Lets see some pics Randy! and welcome!


----------



## Frighteners Entertainment (Jan 24, 2006)

Glad to have you here Randy!


----------



## STOLLOWEEN (Apr 13, 2008)

Welcome! Michigan here also.


----------



## eanderso13 (Apr 10, 2008)

Hey Randy. Welcome! Of course I move out of Michigan and all the Michigan haunters start creeping out of the woodwork!


----------



## RacerX45 (Apr 13, 2008)

OK, here are some pictures from last year....



















There were steps on one side for the kids to come up on the deck...










Then they would go down the slide of the other side of the deck.... Some of them probably went up and down about 20 times.
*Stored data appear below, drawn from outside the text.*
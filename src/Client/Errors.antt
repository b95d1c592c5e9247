-- ===== src/Client/Errors.antt =====
-- The errors of src/client.rs. An error of the crate protobuf is the text that it displays.
use Prim.Native.String.{◌++◌ as ◌<>◌}
use brqueue.Base.{String}
use brqueue.Std.Io.{IoError}
use brqueue.Authentication.Errors
use brqueue.Authentication.Errors.{AuthenticationError}

pub data Error : Type 0 where
  connection_error : IoError → Error
  read_error : IoError → Error
  parse_error : String → Error
  response_error : IoError → Error
  connection_reset : Error
  request_error : String → Error
  authentication_failed : AuthenticationError → Error
  invalid_login : Error

-- The `Display` of an error.
unfoldable pub display : Error → String
display (connection_error e) = "ConnectionError: " <> e.text
display (read_error e) = "ReadError: " <> e.text
display (parse_error e) = "ParseError: " <> e
display (response_error e) = "ResponseError: " <> e.text
display connection_reset = "Connection reset"
display (request_error s) = "Request error: " <> s
display (authentication_failed e) = "Authentication Failed: " <> Errors.display e
display invalid_login = "Invalid login"
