-- ===== src/Client/Framing.antt =====
-- How src/client.rs reads a message from a connection and sends a reply: the size of the message as
-- four bytes, and then the message.
use brqueue.Base.{ℕ, ◌-◌, ◌%◌, ◌^◌, String, [], ◌∷◌, ◌++◌, Result, ok, err, length, dec_lt, ite}
use brqueue.Base.Int.{ℤ, pos, negsuc}
use brqueue.Std.Fs.{Bytes}
use brqueue.Std.Io.{IoError}
use brqueue.Std.Net.{TcpStream, read, write_all, replicate}
use brqueue.Binary.{get_size, get_size_array}
use brqueue.Rpc.RequestWrapper.{RequestWrapper}
use brqueue.Rpc.ResponseWrapper
use brqueue.Rpc.ResponseWrapper.{ResponseWrapper}
use brqueue.Client.Errors.{
  Error, connection_error, read_error, parse_error, response_error, connection_reset,
}
use brqueue.Client.Library.{Library}

-- `usize as i32`: the low 32 bits as a signed number.
unfoldable pub as_i32 : ℕ → ℤ
as_i32 n = let low = n % 2 ^ 32 in ite (dec_lt low (2 ^ 31)) (pos low) (negsuc (2 ^ 32 - low - 1))

-- A buffer of `n` zero bytes after a read into it.
abbrev pub filled : ℕ → Bytes → Bytes
filled n bytes = bytes ++ replicate (n - length bytes) 0

-- The result of `read_message`. A negative size, taken as a `usize`, is more than a vector can hold,
-- and `vec!` panics.
pub data Frame : Type 0 where
  message : Bytes → Frame
  failed : Error → Frame
  panicked : Frame

module _ {U : Type 0} (lib : Library U) where
  unfoldable pub read_body : ℕ → Result IoError Bytes × TcpStream → Frame × TcpStream
  read_body size (ok bytes, s) = (message (filled size bytes), s)
  read_body size (err e, s) = (failed (read_error e), s)

  unfoldable pub read_sized : TcpStream → Result IoError ℤ → Frame × TcpStream
  unfolding read_body
  read_sized s (ok (pos size)) = read_body size (read s size)
  read_sized s (ok (negsuc n)) = (panicked, s)
  read_sized s (err e) = (failed (read_error e), s)

  -- What `read_message` does once it has read the size, or a part of it.
  unfoldable pub after_size : Result IoError Bytes × TcpStream → Frame × TcpStream
  unfolding read_sized
  after_size (ok [], s) = (failed connection_reset, s)
  after_size (ok (b ∷ bytes), s) = read_sized s (get_size lib.order (filled 4 (b ∷ bytes)))
  after_size (err e, s) = (failed (connection_error e), s)

  unfoldable pub read_message : TcpStream → Frame × TcpStream
  unfolding after_size
  read_message s = after_size (read s 4)

  unfoldable pub parse_request : Bytes → Result Error RequestWrapper
  parse_request content = elim (lib.parse_from_bytes content) [
    | ok m ↦ ok m
    | err e ↦ err (parse_error e)
  ]

  unfoldable pub to_binary : ResponseWrapper → Result Error Bytes
  to_binary m = elim (lib.write_to_vec m) [ ok content ↦ ok content | err e ↦ err (parse_error e) ]

  -- The frame of a message, or the error of its size.
  unfoldable pub frame : Bytes → Result Error Bytes
  frame content = elim (get_size_array lib.order (as_i32 (length content))) [
    | ok size ↦ ok (size ++ content)
    | err e ↦ err (response_error e)
  ]

  abbrev pub wrote : Result IoError (Unit {0}) × TcpStream → Result Error (Unit {0}) × TcpStream
  wrote (ok u, s) = (ok tt, s)
  wrote (err e, s) = (err (response_error e), s)

  unfoldable pub send_reply : TcpStream → ResponseWrapper → Result Error (Unit {0}) × TcpStream
  unfolding to_binary frame
  send_reply s m = elim (to_binary m) [
    | err e ↦ (err e, s)
    | ok content ↦ elim (frame content) [
      | err e ↦ (err e, s)
      | ok bytes ↦ wrote (write_all s bytes)
    ]
  ]

  abbrev pub error_response : String → ℤ → ResponseWrapper
  error_response text ref_id =
      ResponseWrapper.set_ref_id
        (ResponseWrapper.set_error ResponseWrapper.new (record { message = text })) ref_id

  -- An error of the sending is only logged.
  unfoldable pub reply_error : TcpStream → String → ℤ → TcpStream
  unfolding send_reply
  reply_error s text ref_id = (send_reply s (error_response text ref_id)).1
It was great!










We usually get about 75 kids on Halloween. That night we had over 300!! Probably helps that we made the local paper last year. Hoping to have an even bigger turnout this year.

Randy


----------



## slimy (Jul 12, 2006)

Where the heck do you store that thing when it's not Halloween?!?!?!?!?!

I'm a big fan of the procrastinator's spider as well. 


Welcome, you will fit in nicely here.


----------



## perdidoman (Dec 2, 2007)

Welcome Randy, great pics


----------



## RacerX45 (Apr 13, 2008)

That was the intersting part.  I had to take it all apart and label the pieces so I could get it back together again. Then I had to install one of those pull-down attic ladders in my garage so I could walk all the pieces up and store them above the garage. I was sore for a week after I got it all up there! 

One of the downsides to actually building the ship was that it's kind of difficult now to put off any house projects - "Oh, you can build a ship in the driveway but replacing some molding is too much for you?" . Oh well.....

Randy


----------



## Ghoulbug (Apr 24, 2007)

welcome racer.. holy cow that is some huge prop!! very cool


----------



## eanderso13 (Apr 10, 2008)

That is an excellent build! Well done, Randy!


----------



## Bone Dancer (Oct 7, 2005)

Wow Randy. So what are you making for this year? 
The people next door must be very understanding.


----------



## RacerX45 (Apr 13, 2008)

I'm actually going to put it up again this year but I plan to change the front yard quite a bit (you can't really see the yard in those pictures but it was mostly a big spider and a web with some tombstones). I want to do a large cemetery in the front yard with 2 giant moving spiders, a crank ghost in a mausoleum, 2 moving bucky's digging up a third one that is buried and 4 ghosts that "fly" around the perimeter of the graveyard fence. I also want the wheel on the ship to move back and forth and the skeletons to be animated (not sure what I want them to do yet). That's why I am starting now since I am a one man show (my wife just watches and shakes her head :googly.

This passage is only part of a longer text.